Whenever a line in the data holds the string "module", pull that line out.

○ ○ ○ ○

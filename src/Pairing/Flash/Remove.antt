-- ===== src/Pairing/Flash/Remove.antt =====
-- sensorsUnleashed/pairing.c: `pairing_remove`, which copies the pairs that stay to a file "temp" and back.
use contiki_device_link.Common.{
  ℕ, zero, suc, ◌+◌, Bool, false, List, [], ◌∷◌, ◌++◌, Option, none, some, if◌then◌else◌, ◌==◌,
  length, drop,
}
use contiki_device_link.Cmp.{Codec}
use contiki_device_link.Sensor.{Sensor}
use contiki_device_link.ReverseNotify.{Cfs, content}
use contiki_device_link.Pairing.{Assembly, buffersize, stored_over}
use contiki_device_link.Pairing.Flash.{
  Name, Flash, put, temp, pairs_file, open_read, open_write, cfs_close,
}

-- what a loop over a file gives: the bytes it wrote, the bytes it read, and the static buffer
pub record Copied : Type 0 where
  pub written : List ℕ
  pub offset : ℕ
  pub assembly : Assembly

-- `if(--indexlen > 0) index++`
unfoldable pub next_index : List ℕ → List ℕ
next_index [] = []
next_index (i ∷ []) = i ∷ []
next_index (i ∷ j ∷ is) = j ∷ is

-- `buffer` and `bufsize` after a record was read into them and the limit was set again
abbrev pub refilled : Assembly → List ℕ → Assembly
refilled a v = record { buffer = stored_over v a.buffer; bufsize = buffersize }

module _ (codec : Codec) where
  -- the indexes, `n` of them; `none` if one cannot be read
  unfoldable pub read_indexes : ℕ → List ℕ → Option (List ℕ)
  read_indexes zero bytes = some []
  read_indexes (suc n) bytes =
      let r = codec.read_u8 bytes in
      let rest = read_indexes n (drop r.used bytes) in
      elim (r.value) [ none ↦ none | some i ↦ elim rest [ none ↦ none | some is ↦ some (i ∷ is) ] ]

  -- what a round of the first loop does with the rest of it
  unfoldable pub keep_record : Bool → List ℕ → ℕ → Option Copied → Option Copied
  keep_record unwanted v used none = none
  keep_record unwanted v used (some t) = some (record t {
    written = (if unwanted then [] else codec.write_bin v) ++ t.written;
    offset = used + t.offset;
  })

  -- The first loop, with the indexes from `*index` on: `*index` of no index is undefined. A loop that
  -- does not end within `rounds` is `none`.
  unfoldable pub copy_wanted : ℕ → ℕ → List ℕ → Assembly → List ℕ → Option Copied
  unfolding next_index keep_record
  copy_wanted zero current index a bytes = none
  copy_wanted (suc rounds) current index a bytes =
      let r = codec.read_bin a.bufsize bytes in
      elim (r.value) [
        | none ↦ some (record { written = []; offset = r.used; assembly = a })
        | some v ↦ elim index [
          | [] ↦ none
          | i ∷ is ↦ keep_record (current == i) v r.used (
              copy_wanted rounds (current + 1)
                (if current == i then next_index (i ∷ is) else i ∷ is) (refilled a v)
                (drop r.used bytes))
        ]
      ]

  -- the second loop, from "temp" back
  unfoldable pub copy_back : ℕ → Assembly → List ℕ → Option Copied
  unfolding keep_record
  copy_back zero a bytes = none
  copy_back (suc rounds) a bytes =
      let r = codec.read_bin a.bufsize bytes in
      elim (r.value) [
        | none ↦ some (record { written = []; offset = r.used; assembly = a })
        | some v ↦ keep_record false v r.used (copy_back rounds (refilled a v) (drop r.used bytes))
      ]

  -- The loops over a whole file: every record is at least a byte, so its size gives enough rounds.
  unfoldable pub copied_wanted : List ℕ → Assembly → List ℕ → Option Copied
  copied_wanted index a bytes = copy_wanted (suc (length bytes)) 0 index a bytes

  unfoldable pub copied_back : Assembly → List ℕ → Option Copied
  copied_back a bytes = copy_back (suc (length bytes)) a bytes

pub record Store : Type 0 where
  pub flash : Flash
  pub assembly : Assembly

module _ (codec : Codec) (cfs : Cfs) (can_open : Flash → Name → Bool) where
  -- from `cfs_remove(filename)` on; `f` has "temp" open
  unfoldable pub write_back : Name → Flash → Assembly → Option (ℕ × Store)
  write_back name f a = elim (open_write can_open (put f name none) name) [
    | none ↦ some (1, record { flash = put f name none; assembly = a })
    | some (g, old) ↦ elim (copied_back codec a (content (g.files temp))) [
      | none ↦ none
      | some t ↦
          let h = put g name (some (cfs.overwrite old t.written)) in
          some (
            0,
            record {
              flash = put (cfs_close (cfs_close h)) temp none;
              assembly = record (t.assembly) { bufsize = 0 };
            },
          )
    ]
  ]

  -- The first loop and what follows, with both files open. An empty file leaves "temp" open.
  unfoldable pub remove_indexes :
      Name → Flash → Assembly → List ℕ → List ℕ → List ℕ → Option (ℕ × Store)
  remove_indexes name f a pairs old index =
      let start : Assembly = record a { bufsize = buffersize } in
      elim (copied_wanted codec index start pairs) [
        | none ↦ none
        | some t ↦
            let g = cfs_close (put f temp (some (cfs.overwrite old t.written))) in
            if t.offset == 0
            then some (3, record { flash = g; assembly = t.assembly })
            else write_back name g t.assembly
      ]

  -- `pairing_remove` with the file `name`
  unfoldable pub remove_from : Name → Store → List ℕ → Option (ℕ × Store)
  remove_from name st indexbuffer = elim (open_read can_open st.flash name) [
    | none ↦ some (1, st)
    | some (f, pairs) ↦ elim (open_write can_open f temp) [
      | none ↦ some (2, record st { flash = cfs_close f })
      | some (g, old) ↦
          let header = codec.read_array indexbuffer in
          let malformed : ℕ × Store = (4, record st { flash = cfs_close (cfs_close g) }) in
          elim (header.value) [
            | none ↦ some malformed
            | some indexlen ↦ elim (read_indexes codec indexlen (drop header.used indexbuffer)) [
              | none ↦ some malformed
              | some index ↦ remove_indexes name g st.assembly pairs old index
            ]
          ]
    ]
  ]

  -- `pairing_remove`, for the device `s`
  unfoldable pub pairing_remove : Store → Sensor → List ℕ → Option (ℕ × Store)
  pairing_remove st s indexbuffer = elim (pairs_file 30 s) [
    | none ↦ none
    | some name ↦ remove_from name st indexbuffer
  ]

○ ○ ○ ○

Solution to this task:
module _ (codec : Codec) where
module _ (codec : Codec) (cfs : Cfs) (can_open : Flash → Name → Bool) where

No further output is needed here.